All in all, the inflow of new cases in Q4 was 31% lower quarter- on- quarter and 63% lower year-on-year. Second, also, the number of all pending court cases declined significantly. And again, the decline concerns both active and repaid loans. And third, the number of settlements increased in each subsequent quarter of 2024, and in Q4, we reached 3,400 settlements. It's the highest number so far. This brought the total number of settlements at the end of 2024 to 22,900 . It's also important to add that recent proposals of settlements directed to disputed Swiss franc borrowers supported the decrease of contracts in the court. In 2024, our protections against legal risk of Swiss franc portfolio strengthened materially by booking further significant costs of legal risk related to FX mortgage loans in the amount of PLN 4.3 billion.
It ensures a substantial buffer to be utilized for continuation of settlements and expected negative final court verdicts. With the cumulative amount of the legal provisions at PLN 16.5 billion and a coverage ratio of 147%, above most of the peers, mBank has come much closer to the end of the detrimental Swiss franc cycle. During the last several years, we saw a major reduction of Swiss franc mortgage exposure. It was achieved thanks to substantial provisioning and strong focus on signing settlements with clients. Consequently, the share of Swiss franc mortgage loans in the total loan portfolio shrank to only 0.5% at the end of 2024, from almost 24% in 2015. Also, the number of active Swiss franc contracts has been systematically falling. As you can see, it was reduced by more than 80% in three ways.
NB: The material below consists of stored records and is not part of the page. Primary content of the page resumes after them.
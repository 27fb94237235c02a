-- ===== src/Policy/VersionExamples.antt =====
-- A policy with one group and one command set for the theorems about its versions.
use net_ops_guard.Prelude.{
  none, some, true, false, [], ◌∷◌, ◌≡◌, refl, str_eq, str_eq_iff, ◌==◌, arith,
}
use net_ops_guard.Prelude.Result.{ok}
use net_ops_guard.Inventory.{legacy}
use net_ops_guard.Policy.Model.{permit, Policy, Db}
use net_ops_guard.Policy.Versions.{
  null, Resolved, Row, joins_of, has_bindings, build_snapshot, resolve_snapshot_for_restore,
}
use net_ops_guard.Policy.Versions.Laws.{
  IsNamed, IsRestorable, resolve_snapshot-build_snapshot, resolve_snapshot-IsFaithful,
}

abbrev operators_only : Policy
operators_only = record {
  id = 1;
  name = "operators only";
  enabled = true;
  priority = 10;
  condition_group_id = some 7;
  condition_device_id = none;
  condition_device_group_id = none;
  condition_service_type = none;
  default_priv_lvl = 15;
  default_action = permit;
  created_at = 0;
}

abbrev tables : Db
tables = record {
  policies = operators_only ∷ [];
  conditions = [];
  condition_groups = [];
  command_sets = record { id = 5; name = "reload"; enabled = true } ∷ [];
  command_rules = [];
  policy_command_sets = record { policy_id = 1; command_set_id = 5; order = 0 } ∷ [];
  groups =
      record {
        id = 7;
        name = "operators";
        ad_group_name = none;
        authority = legacy;
        external_source_id = none;
      }
      ∷ [];
  devices = [];
  device_groups = [];
}

-- A column that names the one row of a table.
single-IsNamed :
    (row : Row)
    → row.is_external ≡ false
    → str_eq row.name "" ≡ false
    → IsNamed (λ s. s) (row ∷ []) (some row.id)
single-IsNamed row local' named id e =
    let same : row.id ≡ id = cc e in
    let found : (row.id == id) ≡ true = ground (arith, same) in
    let alone : str_eq row.name row.name ≡ true = (str_eq_iff row.name row.name).1 refl in
    (row, rw found refl, rw alone refl, local', named)

operators_only-IsRestorable : IsRestorable (λ s. s) tables operators_only
unfolding joins_of has_bindings
operators_only-IsRestorable = record {
  group = single-IsNamed (record { id = 7; name = "operators"; is_external = false }) refl refl;
  device = λ id e. absurd (cc e);
  device_group = λ id e. absurd (cc e);
  sets = (single-IsNamed (record { id = 5; name = "reload"; is_external = false }) refl refl, tt);
  no_tree = refl;
  no_bindings = refl;
  action = refl;
}

abbrev restored : Resolved
restored = record {
  condition_group_id = some 7;
  condition_device_id = none;
  condition_device_group_id = none;
  command_set_ids = 5 ∷ [];
}

resolve_snapshot-build_snapshot_example :
    resolve_snapshot_for_restore (λ s. s) tables (build_snapshot tables operators_only)
    ≡ ok restored
unfolding joins_of
resolve_snapshot-build_snapshot_example =
    resolve_snapshot-build_snapshot (λ s. s) tables operators_only operators_only-IsRestorable

resolve_snapshot-IsFaithful_example :
    ((build_snapshot tables operators_only).has_external_scope_bindings ≡ false)
    × (restored.condition_group_id ≡ none
        → (build_snapshot tables operators_only).condition_group_name ≡ null)
    × (restored.condition_device_id ≡ none
        → (build_snapshot tables operators_only).condition_device_name ≡ null)
    × (restored.condition_device_group_id ≡ none
        → (build_snapshot tables operators_only).condition_device_group_name ≡ null)
unfolding joins_of
resolve_snapshot-IsFaithful_example =
    resolve_snapshot-IsFaithful (λ s. s) tables (build_snapshot tables operators_only) restored
      (resolve_snapshot-build_snapshot (λ s. s) tables operators_only operators_only-IsRestorable)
37,400 have been repaid, more than 8,800 were closed with the final court verdicts, and 22,900 contracts were closed after signing settlements with borrowers. As a result, at the end of 2024, we had 16,400 active Swiss franc contracts, and already 77% of them were in court. Now, let me summarize the key takeaways after 2024. First, after a subdued period, we returned to the dynamic volume growth and expansion of mortgages, consumer, and corporate lending. Loan growth was recorded in both business segments. Second, thanks to excellent performance of our core business, we achieved the highest ever net profit, despite still elevated FX legal risk costs. Third, we paved the way for further expansion of the group, which strengthened our capital position thanks to a landmark issuance of AT1 instruments and the fourth securitization transaction.
Last but not least, we significantly reduced risk related to our FX mortgage loans. The high level of provisions, rising number of settlements with clients, and the declining shares of passive population indicate good protection against the uncertainty related to this portfolio. This, in conjunction with the positive trends in the inflow of new cases, allows us to be more optimistic about the end of this long-lasting cycle. Coming to the end of my presentation, I would like to share some thoughts about expectations for 2025. First, we want to generate revenues above PLN 11 billion , which is only slightly lower than the 2024 level. Our base case scenario assumes interest rate cuts in 2025, which we show on slide 25.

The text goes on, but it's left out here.